Collected data entries
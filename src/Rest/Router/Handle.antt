-- ===== src/Rest/Router/Handle.antt =====
-- src/api/rest/router.ts, `RestRouter.handle`, statement by statement.
use bapc_vpn_and_digital_sec.Base.{
  ℕ, ◌+◌, ◌-◌, ◌/◌, String, Bool, ◌&&◌, Option, none, some, List, [], ◌∷◌, ◌++◌, if◌then◌else◌,
  ◌==◌, number_eq, string_eq, decimal, ◌<+>◌,
}
use bapc_vpn_and_digital_sec.Json.{Json, str, obj, end, field}
use bapc_vpn_and_digital_sec.Domain.{plain}
use bapc_vpn_and_digital_sec.Rest.Replay.{HttpError, Answer, done, fails, Nonces, enforce}
use bapc_vpn_and_digital_sec.Rest.Guard.{ApiClaims, verify_bearer}
use bapc_vpn_and_digital_sec.Rest.RateLimit.{RateLimitRule, RateLimitResult, Hits, check}
use bapc_vpn_and_digital_sec.Rest.Idempotency.{StoredResponse, IdempotencyRow, with_idempotency}
use bapc_vpn_and_digital_sec.Rest.Metrics.{incr_labeled, render}
use bapc_vpn_and_digital_sec.Rest.Path.{keys_of}
use bapc_vpn_and_digital_sec.Rest.Http.{
  http, failed, as_http_error, Request, Headers, empty, text, bytes, Response, read_json,
}
use bapc_vpn_and_digital_sec.Rest.Router.{
  Caller, Context, RawResponse, Outcome, gives, throws, json_handler, raw_handler, Route, Exchange,
  Platform, default_rate_limit, find_route, cors_headers, respond, path_of, query_of, decode_params,
  anonymous, lift, is_url, rate_limited, no_route,
}

abbrev pub Step : Type 0 → Type 0 → Type 0
Step S A = Exchange S → Outcome A × Exchange S

module _ {S : Type 0} where
  abbrev pub then_step :
      {A B : Type 0} → Outcome A × Exchange S → (A → Step S B) → Outcome B × Exchange S
  then_step (gives a, x) f = f a x
  then_step (throws e, x) f = (throws e, x)

  infixl 5 ◌>>=◌ ◌>>◌
  abbrev pub ◌>>=◌ : {A B : Type 0} → Step S A → (A → Step S B) → Step S B
  ◌>>=◌ m f x = then_step (m x) f

  abbrev pub ◌>>◌ : {A B : Type 0} → Step S A → Step S B → Step S B
  ◌>>◌ m k x = then_step (m x) (λ _. k)

  abbrev pub pure : {A : Type 0} → Outcome A → Step S A
  pure o x = (o, x)

abbrev caller_of : Answer ApiClaims → Outcome Caller
caller_of (fails e) = throws (http e)
caller_of (done c) = gives (record { sub = c.sub; roles = c.roles })

abbrev pub params_of : Option (List (String × String)) → Outcome (List (String × String))
params_of none = throws (failed (plain "URI malformed"))
params_of (some ps) = gives ps

abbrev of_stored : Headers → Answer StoredResponse → Outcome Response
of_stored cors (fails e) = throws (http e)
of_stored cors (done r) = gives (respond r.status r.body cors)

abbrev pub context_of : Request → Caller → Json → List (String × String) → Context
context_of req caller body params = record {
  request = req;
  claims = caller;
  body = body;
  params = params;
  query = query_of req;
}

abbrev error_body : String → HttpError → Json
error_body id e = obj (
    field "requestId" (str id)
      (field "error" (obj (field "code" (str e.code) (field "message" (str e.message) end))) end))

abbrev pub Params : Type 0
Params = List (String × String)

module _ (env : Platform) (now : ℕ) (id : String) {S : Type 0} where
  -- the claims of the caller
  unfoldable pub identify : Route S → Request → Outcome Caller
  identify route req =
      if route.options.public
      then gives anonymous
      else caller_of (
          verify_bearer env.sign env.bearer env.split env.read_claims now route.roles
            req.authorization)

  abbrev pub rule_of : Route S → RateLimitRule
  rule_of route = elim route.options.rate_limit [ none ↦ default_rate_limit | some rule ↦ rule ]

  abbrev pub limit_key : Caller → Route S → String → String
  limit_key caller route path = caller.sub <+> ":" <+> route.method <+> ":" <+> path

  -- the result of the limiter, with the hits written back; a refusal sets the header "Retry-After"
  abbrev pub limited : Exchange S → RateLimitResult × Hits → Outcome (Unit {0}) × Exchange S
  limited x (result, hits) = if result.allowed then (gives tt, record x { hits = hits }) else (
    throws (http rate_limited),
    record x {
      hits = hits;
      set_headers =
          x.set_headers ++ ("Retry-After", decimal ((result.reset_at - now + 999) / 1000)) ∷ [];
    },
  )

  unfoldable pub pass_limit : Route S → Caller → String → Step S (Unit {0})
  pass_limit route caller path x =
      limited x (check (limit_key caller route path) (rule_of route) now x.hits)

  abbrev pub claimed : Exchange S → Answer (Unit {0}) × Nonces → Outcome (Unit {0}) × Exchange S
  claimed x (answer, nonces) = (lift answer, record x { nonces = nonces })

  unfoldable pub pass_replay : Route S → Request → Step S (Unit {0})
  pass_replay route req x =
      if route.options.replay_protected
      then claimed x (enforce env.claim now req.nonce 300000 x.nonces)
      else (gives tt, x)

  abbrev pub on_app : {A : Type 0} → Exchange S → Outcome A × S → Outcome A × Exchange S
  on_app x (o, s) = (o, record x { app = s })

  abbrev pub answered : Outcome Json × S → Answer StoredResponse × S
  answered (gives value, s) = (
    done
        (record { status = 200; body = obj (field "requestId" (str id) (field "data" value end)) }),
    s,
  )
  answered (throws e, s) = (fails (as_http_error env.of_database e), s)

  -- `run`. Its error is made an `HttpError` here, which the `catch` would do next.
  abbrev pub run : (Context → S → Outcome Json × S) → Context → S → Answer StoredResponse × S
  run h context s = answered (h context s)

  abbrev pub kept_rows :
      Exchange S
      → Headers
      → Answer StoredResponse × List IdempotencyRow × S
      → Outcome Response × Exchange S
  kept_rows x cors (a, rows, s) = (of_stored cors a, record x { responses = rows; app = s })

  abbrev pub without_rows :
      Exchange S → Headers → Answer StoredResponse × S → Outcome Response × Exchange S
  without_rows x cors (a, s) = (of_stored cors a, record x { app = s })

  abbrev pub raw_response :
      Exchange S → Headers → Outcome RawResponse × S → Outcome Response × Exchange S
  raw_response x cors (throws e, s) = (throws e, record x { app = s })
  raw_response x cors (gives raw, s) = (
    gives (record {
      status = 200;
      headers = ("content-type", raw.content_type) ∷ ("cache-control", "no-store") ∷ cors;
      body = bytes raw.body;
    }),
    record x { app = s },
  )

  -- the statements after the body is read
  unfoldable pub answer : Route S → Context → Step S Response
  unfolding cors_headers
  answer route context x = elim route.handler [
    | raw_handler h ↦ raw_response x (cors_headers context.request) (h context x.app)
    | json_handler h ↦
        if route.options.idempotent
        then kept_rows x (cors_headers context.request) (
            with_idempotency (run h context) now 86400000 context.request.idempotency_key
              context.claims.sub (env.hash_body context.body) x.responses x.app)
        else without_rows x (cors_headers context.request) (run h context x.app)
  ]

  -- the statements from the one that reads the body
  unfoldable pub read_and_answer : Request → Route S → Params → Caller → Step S Response
  unfolding answer
  read_and_answer req route params caller = do
    body ← pure (lift (read_json env.parse_json req))
    answer route (context_of req caller body params)

  -- the statements after the claims are known
  unfoldable pub limit_and_answer : Request → Route S → Params → Caller → Step S Response
  unfolding read_and_answer
  limit_and_answer req route params caller = do
    pass_limit route caller (path_of req)
    pass_replay route req
    read_and_answer req route params caller

  -- the statements after the route is found
  unfoldable pub serve : Request → Route S × List String → Step S Response
  unfolding limit_and_answer
  serve req (route, groups) = do
    params ← pure (params_of (decode_params env.decode_uri (keys_of route.pattern) groups))
    caller ← pure (identify route req)
    limit_and_answer req route params caller

  abbrev count : String → List (String × String) → Exchange S → Exchange S
  count name labels x = record x { metrics = incr_labeled env.label_before name labels 1 x.metrics }

  abbrev pub counted : Request → Exchange S → Exchange S
  counted req x =
      count "bapc_http_requests_total" (("method", req.method) ∷ ("path", path_of req) ∷ []) x

  -- the body of the `try` from the lookup of the route
  unfoldable pub dispatch : List (Route S) → Request → Step S Response
  unfolding serve
  dispatch routes req x = elim (find_route routes req.method (path_of req)) [
    | none ↦ (
      throws (http no_route),
      count "bapc_http_requests_total" (("method", req.method) ∷ ("path", "unmatched") ∷ []) x,
    )
    | some found ↦ serve req found (counted req x)
  ]

  abbrev error_response : Request → HttpError → Exchange S → Response × Exchange S
  error_response req e x = (
    respond e.status (error_body id e) (x.set_headers ++ cors_headers req),
    count "bapc_http_errors_total" (("code", e.code) ∷ ("status", decimal e.status) ∷ []) x,
  )

  -- the `catch`
  abbrev pub finish : Request → Outcome Response × Exchange S → Response × Exchange S
  finish req (gives r, x) = (r, x)
  finish req (throws e, x) = error_response req (as_http_error env.of_database e) x

  -- `handle`, where the headers set on the response start empty
  unfoldable pub handle : Bool → List (Route S) → Request → Exchange S → Response × Exchange S
  unfolding dispatch
  handle expose_metrics routes req x =
      if req.method == "OPTIONS"
      then (record { status = 204; headers = cors_headers req; body = empty }, x)
      else if is_url "/healthz" req
      then (
        respond 200 (obj (field "status" (str "ok") (field "requestId" (str id) end)))
            (cors_headers req),
        x,
      )
      else if expose_metrics && is_url "/metrics" req
      then (
        record {
          status = 200;
          headers = ("content-type", "text/plain; version=0.0.4") ∷ cors_headers req;
          body = text (render x.metrics);
        },
        x,
      )
      else finish req (dispatch routes req (record x { set_headers = [] }))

TASK INSTRUCTIONS
Please reproduce the lines from the line with "(str id) (field" to the line with "-- the statements after the body is read", both ends included, exactly as they appear above.

ANSWER SECTION
        (record { status = 200; body = obj (field "requestId" (str id) (field "data" value end)) }),
    s,
  )
  answered (throws e, s) = (fails (as_http_error env.of_database e), s)

  -- `run`. Its error is made an `HttpError` here, which the `catch` would do next.
  abbrev pub run : (Context → S → Outcome Json × S) → Context → S → Answer StoredResponse × S
  run h context s = answered (h context s)

  abbrev pub kept_rows :
      Exchange S
      → Headers
      → Answer StoredResponse × List IdempotencyRow × S
      → Outcome Response × Exchange S
  kept_rows x cors (a, rows, s) = (of_stored cors a, record x { responses = rows; app = s })

  abbrev pub without_rows :
      Exchange S → Headers → Answer StoredResponse × S → Outcome Response × Exchange S
  without_rows x cors (a, s) = (of_stored cors a, record x { app = s })

  abbrev pub raw_response :
      Exchange S → Headers → Outcome RawResponse × S → Outcome Response × Exchange S
  raw_response x cors (throws e, s) = (throws e, record x { app = s })
  raw_response x cors (gives raw, s) = (
    gives (record {
      status = 200;
      headers = ("content-type", raw.content_type) ∷ ("cache-control", "no-store") ∷ cors;
      body = bytes raw.body;
    }),
    record x { app = s },
  )

  -- the statements after the body is read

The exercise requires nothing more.